The University of Sheffield
Department of Computer Science

Christopher Murray Undergraduate Dissertation 2005/06

"A Java Tool for Transformation-Based Learning"

Supervised by Dr MR Hepple

Abstract

Transformation-Based Learning (TBL) is a rule-based machine learning technique suitable for application to a range of classification tasks. The approach involves the generation of a sequence of context-sensitive "transformation rules" which may be used to correct errors in the initial tagging of a corpus to improve the accuracy of the classification. Application of the technique typically requires the production of a custom implementation adapted for the specific task.

The objective of this project is to develop a Java implementation of a generic TBL tool that will support research into the use of TBL for various tasks in NLP and other fields. The tool must enable application of the technique to any task without requiring significant adaptation. The tool must also provide the flexibility to modify and plug in different versions of its functional components to enable further development. The primary aim of this project is not research of transformation-based learning, but rather the development of a tool that will support such research.
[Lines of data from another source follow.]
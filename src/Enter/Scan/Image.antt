-- ===== src/Enter/Scan/Image.antt =====
-- Whether the image is found, and where.
use edgi_os.Base.{
  Bytes, codes, ℕ, zero, suc, ◌+◌, ◌<◌, List, [], ◌∷◌, ◌++◌, map, some, ◌≡◌, ◌≢◌, refl, sym, ap,
  ◌∙◌, ◌⊎◌, inl, inr, arith, get_elem?, length, length-append,
}
use edgi_os.Base.Strings.{to_lower}
use edgi_os.Base.Strings.Laws.{Lacks}
use edgi_os.Os.World.{Error, ok, err}
use edgi_os.Enter.Scan.{Scan, hit, going, panicked, scan_bytes, find_image, no_image, out_of_range}
use edgi_os.Enter.Scan.Laws.{
  answer, joined, scan_reads-joined, scan_bytes-hit, scan_bytes-mark, scan_bytes-Lacks,
}

-- The mark that is looked for.
abbrev pub mark : Bytes
mark = codes "_sqmagic_"

find_image-joined :
    (reads : List Bytes) → find_image (map ok reads) ≡ answer (scan_bytes mark (joined reads) 0 0)
unfolding find_image to_lower
find_image-joined reads = scan_reads-joined mark reads 0 0

-- How the reads cut the file makes no difference to what is found.
pub find_image-reads :
    (reads reads' : List Bytes)
    → joined reads ≡ joined reads'
    → find_image (map ok reads) ≡ find_image (map ok reads')
find_image-reads reads reads' e =
    find_image-joined reads
    ∙ ap (λ (s : Bytes). answer (scan_bytes mark s 0 0)) e
    ∙ sym (find_image-joined reads')

found-hit : (x : Scan) (n : ℕ) → answer x ≡ ok n → x ≡ hit n
found-hit (hit m) n e = cc
found-hit (going o f) n e = cc
found-hit panicked n e = cc

-- An offset that is found is right: the mark stands in the file, and the offset is the one behind it.
pub find_image-behind :
    (reads : List Bytes) (n : ℕ)
    → find_image (map ok reads) ≡ ok n
    → (start : Bytes) × (after : Bytes) × (joined reads ≡ start ++ (mark ++ after))
      × (n ≡ length (start ++ mark))
find_image-behind reads n e =
    let (left, (start, after, text, rest), total) =
      scan_bytes-hit mark [] mark (joined reads) [] 0 n refl
        (found-hit _ n (sym (find_image-joined reads) ∙ e)) in
    (
      start,
      after,
      text,
      omega (arith, ap length text, length-append start (mark ++ after), length-append start mark),
    )

-- A mark with no underscore before it is found.
pub find_image-first :
    (reads : List Bytes) (start after : Bytes)
    → joined reads ≡ start ++ (mark ++ after)
    → Lacks b'_' start
    → find_image (map ok reads) ≡ ok (length (start ++ mark))
find_image-first reads start after e h =
    find_image-joined reads
    ∙ rw e (
        ap answer (
          scan_bytes-Lacks mark (codes "sqmagic_") start (mark ++ after) b'_' 0 refl h
          ∙ scan_bytes-mark mark [] (codes "sqmagic_") after b'_' (0 + length start) refl)
        ∙ ap (λ (k : ℕ). ok k) (omega (arith, length-append start mark)))

-- The bytes of the mark; the last one is an underscore.
mark-at :
    (f : ℕ)
    → f < 9
    → ((c : ℕ) × (get_elem? mark f ≡ some c) × (f < 8)) ⊎ ((f ≡ 8) × (get_elem? mark f ≡ some b'_'))
mark-at zero h = inl (_, refl, omega arith)
mark-at (suc zero) h = inl (_, refl, omega arith)
mark-at (suc (suc zero)) h = inl (_, refl, omega arith)
mark-at (suc (suc (suc zero))) h = inl (_, refl, omega arith)
mark-at (suc (suc (suc (suc zero)))) h = inl (_, refl, omega arith)
mark-at (suc (suc (suc (suc (suc zero))))) h = inl (_, refl, omega arith)
mark-at (suc (suc (suc (suc (suc (suc zero)))))) h = inl (_, refl, omega arith)
mark-at (suc (suc (suc (suc (suc (suc (suc zero))))))) h = inl (_, refl, omega arith)
mark-at (suc (suc (suc (suc (suc (suc (suc (suc zero)))))))) h = inr (refl, refl)
mark-at (suc (suc (suc (suc (suc (suc (suc (suc (suc n))))))))) h = absurd (omega arith)

-- A text without an underscore brings no hit.
scan_bytes-no_hit : (s : Bytes) (o f n : ℕ) → Lacks b'_' s → f < 9 → scan_bytes mark s o f ≢ hit n
unfolding scan_bytes
scan_bytes-no_hit [] o f n h less e = cc
scan_bytes-no_hit (b ∷ s) o f n (h, hs) less e = elim (mark-at f less) [
  | inl (c, at, early) ↦ ground (
    arith,
    scan_bytes-no_hit s (o + 1) (suc f) n hs (omega arith),
    scan_bytes-no_hit s (o + 1) 0 n hs (omega arith),
  )
  | inr (last, at) ↦ ground (arith, scan_bytes-no_hit s (o + 1) 0 n hs (omega arith))
]

no_answer : (x : Scan) → ((n : ℕ) → x ≢ hit n) → (e : Error) × (answer x ≡ err e)
no_answer (hit n) h = absurd (h n refl)
no_answer (going o f) h = (no_image, refl)
no_answer panicked h = (out_of_range, refl)

behind_underscore :
    (after : Bytes) (o : ℕ)
    → scan_bytes mark (b'_' ∷ (mark ++ after)) o 0 ≡ scan_bytes mark after (o + 10) 1
unfolding scan_bytes
behind_underscore after o = ap (λ (k : ℕ). scan_bytes mark after k 1) (omega arith)

-- A mark that stands right behind an underscore is missed, if the file holds no other underscore.
pub find_image-missed :
    (reads : List Bytes) (start after : Bytes)
    → joined reads ≡ start ++ (b'_' ∷ (mark ++ after))
    → Lacks b'_' start
    → Lacks b'_' after
    → (e : Error) × (find_image (map ok reads) ≡ err e)
find_image-missed reads start after e h g =
    let through_start : scan_bytes mark (joined reads) 0 0
        ≡ scan_bytes mark after (length start + 10) 1 =
      rw e (
        scan_bytes-Lacks mark (codes "sqmagic_") start (b'_' ∷ (mark ++ after)) b'_' 0 refl h
        ∙ behind_underscore after (0 + length start)
        ∙ ap (λ (k : ℕ). scan_bytes mark after k 1) (omega arith)) in
    let (x, fails) = no_answer (scan_bytes mark (joined reads) 0 0) (λ n hits.
      scan_bytes-no_hit after (length start + 10) 1 n g (omega arith)
        (sym (through_start) ∙ hits)) in
    (x, find_image-joined reads ∙ fails)
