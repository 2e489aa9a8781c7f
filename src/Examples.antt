-- ===== src/Examples.antt =====
-- A small machine to run the program on, and runs of it.
mod Storage
mod Users
mod Settings
mod Schema
mod Input
mod Boot
mod Entry
mod Setup
use edgi_os.Base.{true, Bytes, codes, ℕ, List, [], ◌∷◌, Option, none, some, same, if◌then◌else◌}
use edgi_os.Os.World.{Node, file, Files, World}
use edgi_os.Config.Types.{CloudConfig}
use edgi_os.Config.Sources.{empty_edgi}

abbrev pub standing : List (Bytes × Node) → Files
standing [] q = none
standing ((p, n) ∷ fs) q = if same p q then some n else standing fs q

-- Nothing fails on it, and it has a few files.
abbrev pub machine : World
machine = record {
  files = standing (
      (codes "/etc/hosts", file 0o644 (codes "127.0.0.1 localhost\n127.0.1.1 old\n"))
      ∷ (codes "/etc/hostname", file 0o644 (codes "old\n"))
      ∷ (codes "/etc/shadow", file 0o640 (codes "root:x:\nedgi:h:\n"))
      ∷ (codes "/home/edgi/keys", file 0o600 (codes "ssh-rsa one\n"))
      ∷ (codes "/tmp/wfs-temp1", file 0o600 [])
      ∷ []);
  faults = [];
  outcomes = [];
  responses = [];
  input = [];
  unbuffered = λ ls. ls;
  terminal = true;
  random = codes "7" ∷ [];
  mask = λ m. m;
  hostname = codes "old";
  env = λ k. [];
  trace = [];
}

abbrev pub config : CloudConfig
config = record {
  ssh_authorized_keys = [];
  write_files = [];
  hostname = codes "node";
  edgi = empty_edgi;
  runcmd = [];
  bootcmd = [];
  initcmd = [];
}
This project begins with an investigation of the requirements of various tasks to which TBL has been applied, and an examination of the features provided by existing generic TBL tools, which the intention of identifying the potential requirements of a generic TBL tool. The tool is then specified, design, implemented and tested. Finally, the results of this project, primarily the eXtensible Transformation-Based Learning (XTBL) tool, are presented with critical discussion and proposals for further development.